Instructions to follow —
Find the lines in the records that carry the word "codes". Copy each one.

══ Extracted material ══

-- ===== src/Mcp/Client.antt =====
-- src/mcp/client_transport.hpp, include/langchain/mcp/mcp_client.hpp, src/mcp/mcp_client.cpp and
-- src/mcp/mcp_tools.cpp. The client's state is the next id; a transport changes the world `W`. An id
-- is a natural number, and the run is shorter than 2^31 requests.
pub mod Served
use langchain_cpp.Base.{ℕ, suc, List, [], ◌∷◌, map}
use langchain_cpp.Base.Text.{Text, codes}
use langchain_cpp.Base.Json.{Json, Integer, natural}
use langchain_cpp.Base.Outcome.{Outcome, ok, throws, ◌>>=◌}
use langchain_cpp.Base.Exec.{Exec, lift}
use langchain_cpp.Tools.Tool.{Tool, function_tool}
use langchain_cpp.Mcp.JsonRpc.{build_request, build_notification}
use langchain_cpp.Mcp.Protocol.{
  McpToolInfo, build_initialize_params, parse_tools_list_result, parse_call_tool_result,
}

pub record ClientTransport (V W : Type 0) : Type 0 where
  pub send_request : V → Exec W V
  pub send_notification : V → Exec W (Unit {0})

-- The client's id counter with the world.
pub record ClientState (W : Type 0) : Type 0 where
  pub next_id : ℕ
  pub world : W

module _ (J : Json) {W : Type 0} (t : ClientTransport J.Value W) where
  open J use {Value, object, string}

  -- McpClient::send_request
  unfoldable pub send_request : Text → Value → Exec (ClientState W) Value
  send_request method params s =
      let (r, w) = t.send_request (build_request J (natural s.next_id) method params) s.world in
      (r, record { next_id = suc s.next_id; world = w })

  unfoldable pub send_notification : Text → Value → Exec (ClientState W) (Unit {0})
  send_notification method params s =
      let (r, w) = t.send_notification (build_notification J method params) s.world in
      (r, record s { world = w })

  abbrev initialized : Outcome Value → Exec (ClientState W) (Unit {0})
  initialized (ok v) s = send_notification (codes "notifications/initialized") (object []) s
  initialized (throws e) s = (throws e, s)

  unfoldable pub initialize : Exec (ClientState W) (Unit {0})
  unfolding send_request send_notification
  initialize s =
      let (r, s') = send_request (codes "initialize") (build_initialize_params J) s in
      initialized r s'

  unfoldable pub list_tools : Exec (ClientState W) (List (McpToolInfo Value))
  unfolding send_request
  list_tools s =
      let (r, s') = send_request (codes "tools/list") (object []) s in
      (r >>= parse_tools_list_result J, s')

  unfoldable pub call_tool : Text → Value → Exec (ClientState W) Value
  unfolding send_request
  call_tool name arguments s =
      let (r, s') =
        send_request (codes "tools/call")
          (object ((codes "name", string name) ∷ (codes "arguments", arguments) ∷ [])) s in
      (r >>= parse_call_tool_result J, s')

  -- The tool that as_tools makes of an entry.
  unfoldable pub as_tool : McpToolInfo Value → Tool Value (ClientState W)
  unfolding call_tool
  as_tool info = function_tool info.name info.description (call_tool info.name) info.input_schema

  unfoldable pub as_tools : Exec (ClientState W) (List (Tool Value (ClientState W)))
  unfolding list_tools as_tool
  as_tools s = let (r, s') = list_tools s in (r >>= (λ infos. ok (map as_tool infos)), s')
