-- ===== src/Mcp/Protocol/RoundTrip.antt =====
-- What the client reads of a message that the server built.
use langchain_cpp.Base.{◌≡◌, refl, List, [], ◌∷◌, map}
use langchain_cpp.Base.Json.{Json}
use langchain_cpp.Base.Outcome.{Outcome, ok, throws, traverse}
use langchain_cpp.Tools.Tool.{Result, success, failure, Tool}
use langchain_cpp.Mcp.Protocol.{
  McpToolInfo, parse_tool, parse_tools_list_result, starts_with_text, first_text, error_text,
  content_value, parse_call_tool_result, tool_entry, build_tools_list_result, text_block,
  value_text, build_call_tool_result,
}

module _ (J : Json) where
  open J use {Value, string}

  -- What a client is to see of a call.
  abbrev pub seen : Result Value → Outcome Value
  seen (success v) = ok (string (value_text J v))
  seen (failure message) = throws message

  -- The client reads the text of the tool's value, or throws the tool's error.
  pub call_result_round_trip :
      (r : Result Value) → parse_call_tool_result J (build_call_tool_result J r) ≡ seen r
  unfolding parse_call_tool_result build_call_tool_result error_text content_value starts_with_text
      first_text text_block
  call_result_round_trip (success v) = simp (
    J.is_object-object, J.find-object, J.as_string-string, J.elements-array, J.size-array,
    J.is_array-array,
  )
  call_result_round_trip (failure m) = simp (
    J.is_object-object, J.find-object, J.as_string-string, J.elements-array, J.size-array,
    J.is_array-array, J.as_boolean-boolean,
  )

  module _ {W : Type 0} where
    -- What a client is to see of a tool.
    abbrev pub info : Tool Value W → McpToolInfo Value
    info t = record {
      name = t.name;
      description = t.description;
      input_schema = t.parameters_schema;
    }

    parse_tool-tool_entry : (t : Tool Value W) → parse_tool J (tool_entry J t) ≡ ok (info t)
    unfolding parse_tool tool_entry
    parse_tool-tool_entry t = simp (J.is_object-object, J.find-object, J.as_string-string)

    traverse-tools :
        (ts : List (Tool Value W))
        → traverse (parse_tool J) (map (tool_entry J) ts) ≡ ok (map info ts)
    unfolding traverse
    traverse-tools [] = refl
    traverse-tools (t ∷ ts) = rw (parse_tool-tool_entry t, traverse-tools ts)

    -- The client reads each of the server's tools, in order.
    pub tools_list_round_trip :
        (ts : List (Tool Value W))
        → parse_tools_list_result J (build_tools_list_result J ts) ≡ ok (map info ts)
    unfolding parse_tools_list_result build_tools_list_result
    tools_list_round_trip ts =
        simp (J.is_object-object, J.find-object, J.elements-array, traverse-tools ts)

═══

Task response —
use langchain_cpp.Base.Text.{Text, codes}
  initialized (ok v) s = send_notification (codes "notifications/initialized") (object []) s
      let (r, s') = send_request (codes "initialize") (build_initialize_params J) s in
      let (r, s') = send_request (codes "tools/list") (object []) s in
        send_request (codes "tools/call")
          (object ((codes "name", string name) ∷ (codes "arguments", arguments) ∷ [])) s in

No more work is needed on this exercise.